The fix would be in content_type_input.html
, to check whether the globFormat
(**/*.
) is already present in the file path before updating the inputFilter
path in this line: inputFilter.push(nodes[i].value + globFormat + suffixes[j]);
.
I actually was going to argue that here:
https://github.com/khoj-ai/khoj/blob/f6f7a62d8076580e8794b18cee20ba86dd95a0e6/src/khoj/interface/web/content_type_input.html#L37C143-L37C161 . (I can't figure out how to show this inline... how did you do that?)
You should drop the input_filter.split('/*')[0]
. That way it is clear exactly what the glob is that is being used (and if someone adds **/*.pdf
like I did, the next time they visit it, it will be clear. Both options probably makes the most sense.
I'll submit a pull request.
I also struggled with adding pdfs and couldn't figure it out, it wouldn't index, even though .org files worked from the get-go. What I eventually ended up doing is I set input-filter param in khoj.yml for pdfs similarly how it sets the path for org files. Then deleted everything in the folder except khoj.yml file. Restarted and forced it to re-initialize.
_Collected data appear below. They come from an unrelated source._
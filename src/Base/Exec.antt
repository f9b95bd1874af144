-- ===== src/Base/Exec.antt =====
-- Methods that change an object and may raise: the state comes back beside the error too.
use mathlib.Core.Path.{◌≡◌, refl, ap, ◌∙◌, subst}
use ogaforeman.Base.Results.{Error, Result, ok, err}

abbrev pub Exec {ℓ κ} : Type ℓ → Type κ → Type (ℓ ⊔ κ)
Exec S A = S → Result A × S

module _ {ℓ κ} {S : Type ℓ} {A : Type κ} where
  abbrev pub pure : A → Exec S A
  pure a s = (ok a, s)

  abbrev pub raise : Error → Exec S A
  raise e s = (err e, s)

  abbrev pub lift : Result A → Exec S A
  lift r s = (r, s)

  -- `with store.transaction(): ...`: an exception brings the snapshot back.
  abbrev pub settle : S → Result A → S → Result A × S
  settle snapshot (ok a) s = (ok a, s)
  settle snapshot (err e) s = (err e, snapshot)

module _ {ℓ κ μ} {S : Type ℓ} {A : Type κ} {B : Type μ} where
  abbrev pub resume : Result A → (A → Exec S B) → Exec S B
  resume (ok a) f s = f a s
  resume (err e) f s = (err e, s)

  infixl 5 ◌>>=◌
  abbrev pub ◌>>=◌ : Exec S A → (A → Exec S B) → Exec S B
  ◌>>=◌ m f s = let (r, s') = m s in resume r f s'

infixl 5 ◌>>◌
abbrev pub ◌>>◌ {ℓ μ} : {S : Type ℓ} {B : Type μ} → Exec S (Unit {0}) → Exec S B → Exec S B
m >> k = m >>= λ _. k

-- To answer with what came back changes nothing.
pub resume-pure {ℓ κ} :
    {S : Type ℓ} {A : Type κ} (p : Result A × S) → p ≡ resume p.0 (λ a. pure a) p.1
resume-pure (ok a, s) = refl
resume-pure (err e, s) = refl

module _ {ℓ κ μ} {S : Type ℓ} {A : Type κ} {B : Type μ} where
  -- A chain that returns returned at its first step, and went on from there.
  pub >>=-eq-ok :
      (m : Exec S A) (f : A → Exec S B) (s : S) {b : B}
      → ((m >>= f) s).0 ≡ ok b
      → (a : A) × ((m s).0 ≡ ok a) × ((m >>= f) s ≡ f a (m s).1)
  >>=-eq-ok m f s {b} = go (m s).0 (m s).1
    where
      go :
          (r : Result A) (t : S)
          → (resume r f t).0 ≡ ok b
          → (a : A) × (r ≡ ok a) × (resume r f t ≡ f a t)
      go (ok a) t h = (a, refl, refl)
      go (err e) t h = absurd (cc)

  -- Both, the result of the rest and the whole chain.
  pub >>=-run :
      (m : Exec S A) (f : A → Exec S B) (s : S) {b : B}
      → ((m >>= f) s).0 ≡ ok b
      → (a : A) × ((m s).0 ≡ ok a) × ((f a (m s).1).0 ≡ ok b) × ((m >>= f) s ≡ f a (m s).1)
  >>=-run m f s {b} = go (m s).0 (m s).1
    where
      go :
          (r : Result A) (t : S)
          → (resume r f t).0 ≡ ok b
          → (a : A) × (r ≡ ok a) × ((f a t).0 ≡ ok b) × (resume r f t ≡ f a t)
      go (ok a) t h = (a, refl, h, refl)
      go (err e) t h = absurd (cc)

  -- The same after a step that leaves the state alone.
  pub >>=-read :
      (m : Exec S A) (f : A → Exec S B) (s : S) {b : B}
      → (m s).1 ≡ s
      → ((m >>= f) s).0 ≡ ok b
      → (a : A) × ((m s).0 ≡ ok a) × ((f a s).0 ≡ ok b) × ((m >>= f) s ≡ f a s)
  >>=-read m f s {b} keeps h =
      let (a, e, rest, whole) = >>=-run m f s h in
      (a, e, subst (λ t. (f a t).0 ≡ ok b) keeps rest, whole ∙ ap (f a) keeps)

  -- The same, of the result alone.
  pub >>=-result :
      (m : Exec S A) (f : A → Exec S B) (s : S) {b : B}
      → ((m >>= f) s).0 ≡ ok b
      → (a : A) × ((m s).0 ≡ ok a) × ((f a (m s).1).0 ≡ ok b)
  >>=-result m f s {b} = go (m s).0 (m s).1
    where
      go :
          (r : Result A) (t : S)
          → (resume r f t).0 ≡ ok b
          → (a : A) × (r ≡ ok a) × ((f a t).0 ≡ ok b)
      go (ok a) t h = (a, refl, h)
      go (err e) t h = absurd (cc)
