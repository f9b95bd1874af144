-- ===== src/Base/Strip.antt =====
-- Pydantic's `str_strip_whitespace`: a text without the blanks at its two ends. The blanks are the
-- characters with the Unicode property White_Space.
use Prim.Native.String.{String, [], ◌∷◌, count}
use Prim.Native.String.count as count_lem
use Prim.Native.Char.{Char, code}
use ogaforeman.Base.{
  Option, none, some, List, map, ℕ, suc, ◌≤◌, ◌≡◌, refl, ap, ◌∙◌, Bool, false, ◌&&◌, ◌||◌, leb,
  ◌==◌, arith, if◌then◌else◌, Bool-cases, inl, inr,
}

abbrev is_between : ℕ → ℕ → ℕ → Bool
is_between low high n = leb low n && leb n high

unfoldable pub is_space : Char → Bool
is_space c =
    let n = code c in
    is_between 9 13 n
    || (n == 32
        || (n == 133
            || (n == 160
                || (n == 5760
                    || (is_between 8192 8202 n
                        || (is_between 8232 8233 n || (n == 8239 || (n == 8287 || n == 12288))))))))

unfoldable pub strip_start : String → String
strip_start [] = []
strip_start (c ∷ s) = let rest = strip_start s in if is_space c then rest else c ∷ s

-- A character and what is kept of the text after it.
unfoldable pub keep_end : Char → String → String
keep_end c [] = if is_space c then [] else c ∷ []
keep_end c (d ∷ s) = c ∷ (d ∷ s)

unfoldable pub strip_end : String → String
unfolding keep_end
strip_end [] = []
strip_end (c ∷ s) = keep_end c (strip_end s)

unfoldable pub strip : String → String
unfolding strip_start strip_end
strip s = strip_end (strip_start s)

abbrev pub strip_option : Option String → Option String
strip_option none = none
strip_option (some s) = some (strip s)

abbrev pub strip_all : List String → List String
strip_all texts = map strip texts

keep_end-again : (c : Char) (s : String) → strip_end s ≡ s → strip_end (keep_end c s) ≡ keep_end c s
unfolding keep_end strip_end
keep_end-again c [] h = elim (Bool-cases (is_space c)) [
  | inl e ↦ rw e refl
  | inr e ↦ rw (e, e) refl
]
keep_end-again c (d ∷ s) h = ap (keep_end c) h

strip_end-again : (s : String) → strip_end (strip_end s) ≡ strip_end s
unfolding strip_end
strip_end-again [] = refl
strip_end-again (c ∷ s) = keep_end-again c (strip_end s) (strip_end-again s)

-- A text that begins with no blank begins with none when its end is stripped.
keep_end-start :
    (c : Char) (s : String) → is_space c ≡ false → strip_start (keep_end c s) ≡ keep_end c s
unfolding keep_end strip_start
keep_end-start c [] h = rw (h, h) refl
keep_end-start c (d ∷ s) h = rw h refl

start-end-start : (s : String) → strip_start (strip_end (strip_start s)) ≡ strip_end (strip_start s)
unfolding strip_start strip_end
start-end-start [] = refl
start-end-start (c ∷ s) = elim (Bool-cases (is_space c)) [
  | inl e ↦ rw e (start-end-start s)
  | inr e ↦ rw e (keep_end-start c (strip_end s) e)
]

-- What was stripped stays as it is.
pub strip-strip : (s : String) → strip (strip s) ≡ strip s
unfolding strip
strip-strip s = ap strip_end (start-end-start s) ∙ strip_end-again (strip_start s)

pub strip_option-again : (o : Option String) → strip_option (strip_option o) ≡ strip_option o
strip_option-again none = refl
strip_option-again (some s) = ap some (strip-strip s)

count-keep_end : (c : Char) (s : String) → count (keep_end c s) ≤ suc (count s)
unfolding keep_end
count-keep_end c [] = elim (Bool-cases (is_space c)) [
  | inl e ↦ rw (e, count_lem.nil) (omega arith)
  | inr e ↦ rw (e, count_lem.cons c []) (omega arith)
]
count-keep_end c (d ∷ s) = rw (count_lem.cons c (d ∷ s)) (omega arith)

count-strip_end : (s : String) → count (strip_end s) ≤ count s
unfolding strip_end
count-strip_end [] = omega arith
count-strip_end (c ∷ s) =
    let tail = count-strip_end s in
    let all = count-keep_end c (strip_end s) in rw (count_lem.cons c s) (omega (arith, tail, all))

count-strip_start : (s : String) → count (strip_start s) ≤ count s
unfolding strip_start
count-strip_start [] = omega arith
count-strip_start (c ∷ s) = elim (Bool-cases (is_space c)) [
  | inl e ↦ let tail = count-strip_start s in rw (e, count_lem.cons c s) (omega (arith, tail))
  | inr e ↦ rw e (omega arith)
]

-- A text gets no longer.
pub count-strip : (s : String) → count (strip s) ≤ count s
unfolding strip
count-strip s = omega (arith, count-strip_end (strip_start s), count-strip_start s)
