-- ===== src/Domain.antt =====
-- app/domain: enumerations, transition policies, authorization and validated entities.
pub mod Enums
pub mod Decimal
pub mod Transitions
pub mod Authorization
pub mod Task
pub mod ProcessedEvent
pub mod Graph
pub mod Json
pub mod Activity
pub mod Records
pub mod Material
pub mod Issue
pub mod Outbox
pub mod Approval
pub mod AgentRun
pub mod ImportDraft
When I add a folder of pdfs to the library, it isn't indexed, even after forcing a reindex. When restarting the app, it looks for the pdf.jsonl.gzip file and doesn't find it.
(it does reindex GitHub and Obsidian files).
I've spent some time looking around for the culprit, but I wasn't able to figure it out. My best guess is that it isn't being triggered in
routers.indexer.configure_content
. The "Search Type" appears to be (when I go to the search page on the webpage) lacking thepdf
search type, which might be what is causing the problem, though I'm not sure why.